I'm reminded of how I used to discuss D&D with religious types. The thing (game, movie, whatever) is like a candle. You can use a candle to worship Jesus in your Christmas Eve service, light your house when the power's off, or summon a demon. But sacred, secular, or profane, the candle is not the issue. God doesn't care about candles. God cares about people.
Controlling candles does nothing for the soul in front of you. Loving your neighbor is the job, not batting down opposing ideologies.
My favorite part is at the end, where we see the continued dance of entertainment marketers do-si-do with the Christian demographic:
Just as evangelical Christians have learned to adapt to what they see as a cultural threat posed by "The Da Vinci Code," the studios have had to learn new strategies as well, said Robert K. Johnston, an evangelical Christian who is the author of "Reel Spirituality: Theology and Film in Dialogue."
Movie marketing never used to mention criticism of a film, said Johnston, also a professor at Fuller.
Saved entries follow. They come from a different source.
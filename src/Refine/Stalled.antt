-- ===== src/Refine/Stalled.antt =====
-- A cycle in which MEM waits leaves the core standing for the same state.
use cpu_sim.Base.{ℕ, ◌<◌, ◌≡◌, ap, ◌∙◌, arith, false, Option, length-set, get_or-set}
use cpu_sim.Memory.Interface.{IMemory}
use cpu_sim.Memory.Transparency.{IsTimingOnly}
use cpu_sim.RegFile.{RegFile, num_regs, read, write}
use cpu_sim.Predictor.{BranchPredictor}
use cpu_sim.Pipeline.Regs.{IdEx}
use cpu_sim.Pipeline.Execute.{actual_taken}
use cpu_sim.Arch.{Arch}
use cpu_sim.Refine.Latched.{Latched, operand, committed, stalled}
use cpu_sim.Refine.Claims.{IsShaped, InEx, Represents, ends}

pub write-IsShaped :
    {rf : RegFile} (rd v : ℕ) → IsShaped rf → rd < num_regs → IsShaped (write rf rd v)
unfolding write read
write-IsShaped {rf} rd v h b = record {
  size = ground (arith, h.size, length-set rf.regs rd v);
  zero_reg = ground (arith, h.zero_reg, get_or-set rf.regs rd 0 v 0, h.size);
}

module _ {I D : IMemory} where
  pub committed-IsShaped :
      (l : Latched I D) → IsShaped l.rf → l.wb.rd < num_regs → IsShaped (committed I D l)
  unfolding committed
  committed-IsShaped l h b = ground (arith, write-IsShaped l.wb.rd l.wb.wb_val h b, h)

  -- An operand captured while MEM waits is resolved to the same value in the next cycle.
  operand-stalled :
      (l : Latched I D) (imem : I.State) (dmem : D.State) (reg cur : ℕ)
      → operand I D (stalled I D l imem dmem) reg (operand I D l reg cur) ≡ operand I D l reg cur
  unfolding operand stalled
  operand-stalled l imem dmem reg cur = ground arith

module _ {I D S : IMemory} {view : D.State → S.State} {Holds : I.State → Type 0}
    {code : ℕ → Option ℕ} {Guides : Option BranchPredictor → Type 0}
    (timing : IsTimingOnly D view) where
  stalled-InEx :
      (l : Latched I D) (s : Arch S) (imem : I.State) (dmem : D.State)
      → InEx I D S view Holds code Guides l s
      → InEx I D S view Holds code Guides (stalled I D l imem dmem) s
  unfolding stalled actual_taken
  stalled-InEx l s imem dmem h = record {
    ex_code = h.ex_code;
    ex_eq = λ v.
        ap {A = IdEx}
          (λ e. record e {
            rs1_val = (stalled I D l imem dmem).ex.rs1_val;
            rs2_val = (stalled I D l imem dmem).ex.rs2_val;
          })
          (h.ex_eq v);
    first_eq = λ v. rw v (operand-stalled l imem dmem l.ex.rs1 l.ex.rs1_val ∙ h.first_eq v);
    second_eq = λ v. rw v (operand-stalled l imem dmem l.ex.rs2 l.ex.rs2_val ∙ h.second_eq v);
    ex_jalr = h.ex_jalr;
    in_front = h.in_front;
  }

  pub stalled-Represents :
      (l : Latched I D) (s : Arch S) (imem : I.State) (dmem : D.State)
      → Represents I D S view Holds code Guides l s
      → ends l.wb ≡ false
      → Holds imem
      → view dmem ≡ view l.dmem
      → Represents I D S view Holds code Guides (stalled I D l imem dmem) s
  unfolding stalled
  stalled-Represents l s imem dmem h e i d =
      let f = h.flows e in
      record {
        holds = i;
        shape = committed-IsShaped l h.shape h.wb_index;
        registers = unfold committed in h.registers;
        wb_index = omega arith;
        ended = λ p. cc;
        flows = λ p. record {
          memory = timing.tick_keeps dmem ∙ d ∙ f.memory;
          guided = f.guided;
          silent = λ v w. cc;
          in_mem = f.in_mem;
          in_ex = λ t g. stalled-InEx l t imem dmem (f.in_ex t g);
        };
      }
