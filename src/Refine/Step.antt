-- ===== src/Refine/Step.antt =====
-- A step of the machine in terms of what EX and MEM make of the word.
use cpu_sim.Base.{
  ℕ, bit_and, ◌≡◌, refl, sym, ap, ◌∙◌, arith, true, false, Option, none, some, if◌then◌else◌, ◌>>=◌,
}
use mathlib.Core.Option
use cpu_sim.Isa.Op.{Op}
use cpu_sim.Isa.Decoder.{decode, branch_op, load_op, store_op, decode_op_imm, op_op, system_op}
use cpu_sim.Memory.Interface.{IMemory}
use cpu_sim.RegFile.{read}
use cpu_sim.Pipeline.Regs.{ExMem, MemWb}
use cpu_sim.Pipeline.Execute.{executed, next_pc}
use cpu_sim.Pipeline.MemAccess.{access, loaded, stored, passed, widen8, widen16}
use cpu_sim.Pipeline.Writeback.{has_writeback}
use cpu_sim.Pipeline.Hazard.{is_load}
use cpu_sim.Arch.{Arch, Effect, halts, put, carry_out, step}
use cpu_sim.Arch.Effects.{pipeline_effect, pipeline_effect-effect}
use cpu_sim.Refine.Claims.{plain}

-- An instruction that writes no register names none, unless it ends the program.
pub decode-silent :
    (w pc : ℕ)
    → halts (decode w pc).op ≡ false
    → has_writeback (decode w pc).op ≡ false
    → (decode w pc).rd ≡ 0
unfolding decode decode_op_imm branch_op load_op store_op op_op system_op halts has_writeback
decode-silent w pc h n = ground arith

-- What MEM leaves of the instruction.
pub record Kept (ex : ExMem) (wb : MemWb) : Type 0 where
  pub same_pc : wb.pc ≡ ex.pc
  pub same_raw : wb.raw ≡ ex.raw
  pub same_op : wb.op ≡ ex.op
  pub same_rd : wb.rd ≡ ex.rd
  pub is_valid : wb.valid ≡ true

module _ (S : IMemory) where
  abbrev done : MemWb → S.State → Option (MemWb × S.State)
  done x m = some (x, m)

  result-of : {x wb : MemWb} {m m' : S.State} → done x m ≡ done wb m' → wb.wb_val ≡ x.wb_val
  result-of g = ground (arith, g)

  result_is-Kept :
      {ex : ExMem} {x wb : MemWb} {m m' : S.State} → Kept ex x → done x m ≡ done wb m' → Kept ex wb
  result_is-Kept {x = x} {wb = wb} k g = let e : wb ≡ x = cc in rw e k

  loaded-Kept : (ex : ExMem) (v : ℕ) → Kept ex (loaded ex v)
  unfolding loaded passed
  loaded-Kept ex v = record {
    same_pc = refl;
    same_raw = refl;
    same_op = refl;
    same_rd = refl;
    is_valid = refl;
  }

  stored-Kept : (ex : ExMem) (v : ℕ) → Kept ex (stored ex v)
  unfolding stored passed
  stored-Kept ex v = record {
    same_pc = refl;
    same_raw = refl;
    same_op = refl;
    same_rd = refl;
    is_valid = refl;
  }

  passed-Kept : (ex : ExMem) (v : ℕ) → Kept ex (record (passed ex) { wb_val = v })
  unfolding passed
  passed-Kept ex v = record {
    same_pc = refl;
    same_raw = refl;
    same_op = refl;
    same_rd = refl;
    is_valid = refl;
  }

  load-Kept :
      (o : Option ℕ) (f : ℕ → MemWb) (m : S.State) {ex : ExMem} {m' : S.State} {wb : MemWb}
      → ((v : ℕ) → Kept ex (f v))
      → (o >>= λ v. done (f v) m) ≡ done wb m'
      → Kept ex wb
  load-Kept none f m k h = cc
  load-Kept (some v) f m k h = result_is-Kept (k v) h

  store-Kept :
      (o : Option S.State) {x wb : MemWb} {ex : ExMem} {m' : S.State}
      → Kept ex x
      → (o >>= λ m. done x m) ≡ done wb m'
      → Kept ex wb
  store-Kept none k h = cc
  store-Kept (some m) k h = result_is-Kept k h

  pub access-Kept :
      (op : Op) (ex : ExMem) (m : S.State) {wb : MemWb} {m' : S.State}
      → access S op ex m ≡ some (wb, m')
      → Kept ex wb
  unfolding access
  access-Kept Op.lb ex m h =
      load-Kept (S.load_byte m ex.alu_out) (λ v. loaded ex (widen8 v)) m
        (λ v. loaded-Kept ex (widen8 v)) h
  access-Kept Op.lh ex m h =
      load-Kept (S.load_half m ex.alu_out) (λ v. loaded ex (widen16 v)) m
        (λ v. loaded-Kept ex (widen16 v)) h
  access-Kept Op.lw ex m h = load-Kept (S.load_word m ex.alu_out) (loaded ex) m (loaded-Kept ex) h
  access-Kept Op.lbu ex m h = load-Kept (S.load_byte m ex.alu_out) (loaded ex) m (loaded-Kept ex) h
  access-Kept Op.lhu ex m h = load-Kept (S.load_half m ex.alu_out) (loaded ex) m (loaded-Kept ex) h
  access-Kept Op.sb ex m h =
      store-Kept (S.store_byte m ex.alu_out (bit_and ex.rs2_val 0xff))
        (stored-Kept ex (bit_and ex.rs2_val 0xff)) h
  access-Kept Op.sh ex m h =
      store-Kept (S.store_half m ex.alu_out (bit_and ex.rs2_val 0xffff))
        (stored-Kept ex (bit_and ex.rs2_val 0xffff)) h
  access-Kept Op.sw ex m h =
      store-Kept (S.store_word m ex.alu_out ex.rs2_val) (stored-Kept ex ex.rs2_val) h
  access-Kept op ex m h = result_is-Kept (passed-Kept ex ex.alu_out) h

  -- The result of an instruction that does not load.
  pub access-result :
      (op : Op) (ex : ExMem) (m : S.State) {wb : MemWb} {m' : S.State}
      → access S op ex m ≡ some (wb, m')
      → is_load op ≡ false
      → has_writeback op ≡ true
      → wb.wb_val ≡ ex.alu_out
  unfolding access is_load has_writeback passed
  access-result Op.lb ex m h l w = cc
  access-result Op.lh ex m h l w = cc
  access-result Op.lw ex m h l w = cc
  access-result Op.lbu ex m h l w = cc
  access-result Op.lhu ex m h l w = cc
  access-result Op.sb ex m h l w = cc
  access-result Op.sh ex m h l w = cc
  access-result Op.sw ex m h l w = cc
  access-result op ex m {wb} {m'} h l w = result-of h

  -- The values of the sources of a word.
  abbrev pub source_one : Arch S → ℕ → ℕ
  source_one s raw = read s.rf (decode raw s.pc).rs1

  abbrev pub source_two : Arch S → ℕ → ℕ
  source_two s raw = read s.rf (decode raw s.pc).rs2

  -- The state after the word, when MEM passes `r` on.
  unfoldable pub moved : Arch S → ℕ → MemWb × S.State → Arch S
  moved s raw r =
      let i = decode raw s.pc in
      record {
        pc = next_pc (plain raw s.pc) (source_one s raw) (source_two s raw);
        rf = put S s.rf i.rd (if has_writeback i.op then some r.0.wb_val else none);
        mem = r.1;
      }

  -- What EX hands on of the word.
  abbrev pub handed : Arch S → ℕ → ExMem
  handed s raw = executed (plain raw s.pc) (source_one s raw) (source_two s raw)

  map-then {ℓ κ} :
      {A : Type ℓ} {B : Type κ} (o : Option A) (g : A → B) (k : B → Arch S)
      → (Option.map g o >>= λ e. some (k e)) ≡ Option.map (λ a. k (g a)) o
  map-then none g k = refl
  map-then (some a) g k = refl

  pub step-moved :
      (code : ℕ → Option ℕ) (s : Arch S) (raw : ℕ)
      → code s.pc ≡ some raw
      → halts (decode raw s.pc).op ≡ false
      → step S code s
        ≡ Option.map (moved s raw) (access S (decode raw s.pc).op (handed s raw) s.mem)
  unfolding step carry_out moved plain pipeline_effect
  step-moved code s raw c h =
      let i = decode raw s.pc in
      let k : Effect S → Arch S =
        λ e. record { pc = e.next; rf = put S s.rf i.rd e.value; mem = e.mem } in
      rw (c, h)
        (ap (λ o. o >>= λ e. some (k e))
            (sym (
              pipeline_effect-effect S i.op (plain raw s.pc) (source_one s raw) (source_two s raw)
                s.mem))
          ∙ map-then (access S i.op (handed s raw) s.mem) _ k)

  -- A step, taken apart.
  pub step-parts :
      (code : ℕ → Option ℕ) (s : Arch S) (raw : ℕ) {t : Arch S}
      → code s.pc ≡ some raw
      → halts (decode raw s.pc).op ≡ false
      → step S code s ≡ some t
      → (wb : MemWb) × (m : S.State) × (access S (decode raw s.pc).op (handed s raw) s.mem
          ≡ done wb m)
        × (moved s raw (wb, m) ≡ t)
  step-parts code s raw {t} c h e =
      parts (access S (decode raw s.pc).op (handed s raw) s.mem)
        (sym (step-moved code s raw c h) ∙ e)
    where
      parts :
          (o : Option (MemWb × S.State))
          → Option.map (moved s raw) o ≡ some t
          → (wb : MemWb) × (m : S.State) × (o ≡ done wb m) × (moved s raw (wb, m) ≡ t)
      parts none g = cc
      parts (some (wb, m)) g = (wb, m, refl, cc)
But the novel had spawned so much criticism that ignoring it was not possible, Johnston said.
"Sony is gambling that even negative discussion by the religious community will bring more bodies into the theater to see the movie," said Johnston....
Lookit! They're changing color in front of us! But here's the thing: Whatever they look like, they still basically just want money. I'm not pointing this out to be cynical. I'm pointing it out to say, since we know their bottom line, and they're fumbling around for ours, how can we use this advantage to love them better?